The author also discussed how Italian and Albanian mafia helped in arms smuggling proceedings whilst also exposing how Germany through a Munich proxy company named Unimercat provided 46.6 million Deustche Marks to Slovenia for arms purchases back then. According to Mr. Zgaga, many arms smuggling schemes were managed by military intelligence.
Dedicating his work to all of the war victims in the Former Yugoslavia, the speaker opened the floor for questions and answers. The Lithuania Tribune asked about possible indictments to the current Slovenian Prime Minister, about the EU’s reaction to all of these documents and if the local chapter of Transparency International in Slovenia had reassessed the country in its current corruption perception index where it is placed on number 35 out of 182 countries measured.
Mr. Zgaga responded that in the current Slovenian political climate, it was quite difficult to prosecute criminal cases from the past and that the Slovenian leadership used heavy political pressure to quiet down their court appearances and influence the trials, always scheduling trips abroad for official duties in order to avoid notoriety. He also commented that he did not received any EU replies about the investigation nor from the local Slovene chapter of Transparency International. Nonetheless, he did received notification from the Organisation for Economic Co-Operation and Development (OECD) about their interests on the revelations posed by the trilogy. In fact, the author commented that Finland actually attempted to block Slovenia’s accession into that organisation due to some degree by certain revelations presented in the books. However, Slovenia ended up joining the OECD in July 2010.
Other questions raised up issues like what kind of proofreading was done, English language availability of the books and how well they are doing in commercial terms. The authors hoped that in the future an English translation would be available but in the moment, one can only find it in Slovenian and there are discussions about its translation into Croatian. Furthermore, he admitted that despite the fact the books were rigorously checked by the publishers, no experts from Slovenian Ministry of Defence or in fact intelligence officers had actually proofread it. On the commercial front, he is very satisfied since books have become best-sellers in Slovenia, so they definitely had an impact on public awareness.

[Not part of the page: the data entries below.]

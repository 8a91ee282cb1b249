-- ===== src/Storefront/ListProducts.antt =====
-- A page of the listing (src/modules/storefront/queries/list-products-query.ts).
pub mod Pages
mod Tests
use promotion_management_api.Base.{ℕ, ◌-◌, ◌*◌, Option, none, some, List, [], ◌∷◌}
use promotion_management_api.Base.Texts.{Text}
use promotion_management_api.Base.Result.{Result, ok, err, ◌>>=◌}
use promotion_management_api.Storefront.StoredProduct.{Hash, ProductView, product_view}
use promotion_management_api.Storefront.ProductReads.{
  Redis, ReadFault, unparsed, page, count, find_all, require_ready,
}
use promotion_management_api.Storefront.ListProductsInput.{ListProductsInput}

-- The items of a page, with the members whose entry is gone, which are only logged.
pub record ProductPage : Type 0 where
  pub items : List ProductView
  pub page : ℕ
  pub page_size : ℕ
  pub total : ℕ
  pub dropped : List Text

unfoldable pub dropped_of : List Text → List (Option Hash) → List Text
dropped_of [] hashes = []
dropped_of (id ∷ ids) [] = []
dropped_of (id ∷ ids) (none ∷ hashes) = id ∷ dropped_of ids hashes
dropped_of (id ∷ ids) (some hash ∷ hashes) = dropped_of ids hashes

parsed : Hash → Result ReadFault ProductView
parsed hash = elim (product_view hash) [ none ↦ err unparsed | some view ↦ ok view ]

-- `hashes.filter(...).map((hash) => productView.parse(hash))`
unfoldable pub parse_all : List (Option Hash) → Result ReadFault (List ProductView)
unfolding parsed
parse_all [] = ok []
parse_all (none ∷ hashes) = parse_all hashes
parse_all (some hash ∷ hashes) = do view ← parsed hash; views ← parse_all hashes; ok (view ∷ views)

-- `execute`
unfoldable pub execute : Redis → ListProductsInput → Result ReadFault ProductPage
execute redis input = do
  let offset = (input.page - 1) * input.page_size
  ids ← page redis input.category input.ascending offset input.page_size
  total ← count redis input.category
  hashes ← find_all redis ids
  items ← parse_all hashes
  ok (record {
    items = items;
    page = input.page;
    page_size = input.page_size;
    total = total;
    dropped = dropped_of ids hashes;
  })

-- The route of the listing, behind the readiness of the model.
unfoldable pub list_products : Redis → ListProductsInput → Result ReadFault ProductPage
list_products redis input = do _ ← require_ready redis; execute redis input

He did say that despite the verbal attacks by political actors, no one had actually sued him or his partner for libelous charges. In that way, the author assures that the facts exposed in the books, speak for themselves and indicate the worrisome levels of “state capture” (a grand corruption status in which oligarchs as a result of illicit activities manipulate policy formation, laws, regulations and new rules to their own substantial advantage) that exist in Slovenia nowadays.